Ольга Немытова - Сорок бочек арестантов
Время остановилось. Тошнотворные пивные дядьки замерли с клубами дыма у открытого рта, кружки повисли в воздухе, звуки исчезли. Исчезла даже вонь. В сизом самогоне табачного дыма черными изюминками стояли как вкопанные остановленные в полете мухи.
- Вот оно, - поняла я, - вот Альфа и Омега, рабби Гилель и Нагорная проповедь. Вот она, Ночь могущества и Алмазная Сутра...

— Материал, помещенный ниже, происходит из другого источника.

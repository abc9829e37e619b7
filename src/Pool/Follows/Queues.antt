-- ===== src/Pool/Follows/Queues.antt =====
-- src/pool/mod.rs: the handlers that use the queues, from change to change.
use netconnpool_rust.Base.{
  ℕ, zero, suc, ◌+◌, ◌≡◌, refl, true, Option, none, some, List, [], ◌∷◌, arith, leb,
}
use netconnpool_rust.Net.{Moment}
use netconnpool_rust.SegQueue.{SegQueue}
use netconnpool_rust.Pool.State.{PoolInner, notify_all, log}
use netconnpool_rust.Pool.Remove.{release_active}
use netconnpool_rust.Pool.Idle.{
  push_idle, try_push_idle, push_or_remove, park, call_on_return, return_connection,
}
use netconnpool_rust.Pool.Get.{take_idle}
use netconnpool_rust.Pool.Close.{drain_buckets, remove_drained, close_idle}
use netconnpool_rust.Pool.Follows.{Follows, if-Follows}

module _ {Queue : Type 0} ⦃sq : SegQueue ℕ Queue⦄ {R : PoolInner Queue → PoolInner Queue → Type 0}
    (t : Follows R) where
  try_push_idle-Follows :
      (m : Moment) (r idx : ℕ) (p : PoolInner Queue) → R p (try_push_idle m r idx p)
  unfolding try_push_idle
  try_push_idle-Follows m r idx p =
      if-Follows t (leb p.config.max_idle_connections (p.idle_counts idx)) (t.removes m r p)
        (t.same {q = push_idle r idx p} refl refl refl refl refl)

  push_or_remove-Follows :
      (m : Moment) (r : ℕ) (bucket : Option ℕ) (p : PoolInner Queue)
      → R p (push_or_remove m r bucket p)
  unfolding push_or_remove
  push_or_remove-Follows m r (some idx) p = try_push_idle-Follows m r idx p
  push_or_remove-Follows m r none p = t.removes m r p

  pub park-Follows : (m : Moment) (r : ℕ) (p : PoolInner Queue) → R p (park m r p)
  unfolding park
  park-Follows m r p = push_or_remove-Follows m r _ p

  call_on_return-Follows : (r : ℕ) (p : PoolInner Queue) → R p (call_on_return r p)
  call_on_return-Follows r p =
      let (store, next, all, active, generator) = same in t.same store next all active generator
    where
      same :
          ((call_on_return r p).store ≡ p.store)
          × ((call_on_return r p).next_ref ≡ p.next_ref)
          × ((call_on_return r p).all_connections ≡ p.all_connections)
          × ((call_on_return r p).active_count ≡ p.active_count)
          × ((call_on_return r p).generator ≡ p.generator)
      same = unfold call_on_return in ground arith

  -- After the mark and the counter.
  pub returned-Follows :
      (m : Moment) (r : ℕ) (p : PoolInner Queue)
      → R (release_active m r p) (return_connection m r p)
  unfolding return_connection
  returned-Follows m r p =
      let released = release_active m r p in
      let removed = t.removes m r released in
      if-Follows t released.closed removed (
        if-Follows t _
          (t.chains (call_on_return-Follows r released)
            (park-Follows m r (call_on_return r released)))
          removed)

  pub return_connection-Follows :
      (m : Moment) (r : ℕ) (p : PoolInner Queue) → R p (return_connection m r p)
  return_connection-Follows m r p = t.chains (t.releases m r p) (returned-Follows m r p)

  pub take_idle-Follows :
      (idx r : ℕ) (rest : Queue) (p : PoolInner Queue) → R p (take_idle idx r rest p)
  unfolding take_idle
  take_idle-Follows idx r rest p = t.same refl refl refl refl refl

  drain_buckets-Follows :
      (buckets idx : ℕ) (p : PoolInner Queue) → R p (drain_buckets buckets idx p).1
  unfolding drain_buckets
  drain_buckets-Follows zero idx p = t.reflects p
  drain_buckets-Follows (suc buckets) idx p =
      t.chains (t.same refl refl refl refl refl) (drain_buckets-Follows buckets (idx + 1) _)

  remove_drained-Follows :
      (m : Moment) (refs : List ℕ) (p : PoolInner Queue) → R p (remove_drained m refs p)
  unfolding remove_drained
  remove_drained-Follows m [] p = t.reflects p
  remove_drained-Follows m (r ∷ refs) p =
      t.chains (t.same refl refl refl refl refl)
        (t.chains (t.removes m r _) (remove_drained-Follows m refs _))

  pub close_idle-Follows : (m : Moment) (p : PoolInner Queue) → R p (close_idle m p)
  unfolding close_idle
  close_idle-Follows m p =
      let marked = log notify_all (record p { closed = true }) in
      let drained = drain_buckets 4 0 marked in
      t.chains (t.same {q = marked} refl refl refl refl refl)
        (t.chains (drain_buckets-Follows 4 0 marked) (remove_drained-Follows m drained.0 drained.1))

- Конечно, не будет. Знаю я его, этого ближнего. Хорошо еще, если это не очень ближний - он тебя просто любить не будет. А если очень ближний? У-ууу, он тебя так любить не будет, что одними разговорами о своей любви все печенки выест. Он ведь, ближний, дрянь этакая, тем только и живет... Он ведь, может, для того только в этот мир и пришел, чтобы тебе жизнь отравлять. Тебе и всем, кто окажется для него ближними. А они тоже еще те... Они в оборотку такую запустят чахотку, такого яду плеснут в ухо, так в душу плюнут, а то и над мозгом надругаются. Нет, они тебя любить не будут. Это точно, это раз и навсегда. А миру надо же на чем-то стоять, чем-то держаться? Не на Федора ж Михалыча Достоевского ему опереться. Вот и выходит - они заварили, а я одна расхлебывай. Потому что больше некому.
Небесные сферы закружились вокруг меня, тихонько позвякивая звездами, как чешская люстра во время землетрясения.

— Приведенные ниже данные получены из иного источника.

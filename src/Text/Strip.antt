-- ===== src/Text/Strip.antt =====
-- Laws of `strip` and `replace`.
use powerhoc.Common.{
  ℕ, ◌≤◌, ◌≡◌, ◌≢◌, refl, true, [], ◌∷◌, ◌++◌, Bytes, Lacks, arith, length, ap, append_assoc, inl,
  inr, Bool-cases,
}
use powerhoc.Text.{is_space, lstrip, keep_right, rstrip, strip, replace}

length-lstrip : (s : Bytes) → length (lstrip s) ≤ length s
unfolding lstrip
length-lstrip [] = omega arith
length-lstrip (c ∷ s) = ground (arith, length-lstrip s)

-- A text with no space in front keeps its front when more is joined to it.
pub lstrip-append : (n p : Bytes) → n ≢ [] → lstrip n ≡ n → lstrip (n ++ p) ≡ n ++ p
unfolding lstrip
lstrip-append [] p h e = absurd (h refl)
lstrip-append (c ∷ n) p h e = elim (Bool-cases (is_space c)) [
  | inl space ↦ absurd (omega (arith, length-lstrip n, ap length (shorter space)))
  | inr solid ↦ rw solid
]
  where
    shorter : is_space c ≡ true → lstrip n ≡ c ∷ n
    shorter space = rw space at e

keep_right-append : (c : ℕ) (p v : Bytes) → v ≢ [] → keep_right c (p ++ v) ≡ c ∷ (p ++ v)
keep_right-append c [] [] h = absurd (h refl)
keep_right-append c [] (d ∷ v) h = refl
keep_right-append c (d ∷ p) v h = refl

pub rstrip-append : (p v : Bytes) → v ≢ [] → rstrip v ≡ v → rstrip (p ++ v) ≡ p ++ v
unfolding rstrip
rstrip-append [] v h e = e
rstrip-append (c ∷ p) v h e = rw (rstrip-append p v h e) (keep_right-append c p v h)

-- Text between a start and an end that are not blank is left alone.
pub strip-append :
    (n m v : Bytes)
    → n ≢ []
    → v ≢ []
    → lstrip n ≡ n
    → rstrip v ≡ v
    → strip (n ++ (m ++ v)) ≡ n ++ (m ++ v)
unfolding strip
strip-append n m v hn hv en ev =
    rw (lstrip-append n (m ++ v) hn en, ← append_assoc n m v) (rstrip-append (n ++ m) v hv ev)

pub replace_absent : (c : ℕ) (new s : Bytes) → Lacks c s → replace c new s ≡ s
unfolding replace
replace_absent c new [] h = refl
replace_absent c new (d ∷ s) (h, hs) = ground (arith, replace_absent c new s hs)

pub replace-append :
    (c : ℕ) (new s t : Bytes) → replace c new (s ++ t) ≡ replace c new s ++ replace c new t
unfolding replace
replace-append c new [] t = refl
replace-append c new (d ∷ s) t = simp (replace-append c new s t, append_assoc)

Из «Смольного» я вышла другим человеком. Я видела вокруг себя другой мир - мир, в котором акации на Франца Меринга признавали во мне свою - человека, причастного к тайне. Дома, машины, грудные дети в колясках, колченогие собачки, выводящие на прогулку своих пенсионеров - все искоса бросали на меня мгновенный взгляд - «она знает» - и снова приобретали непроницаемый вид. Меня приняли в заговор, я была своя.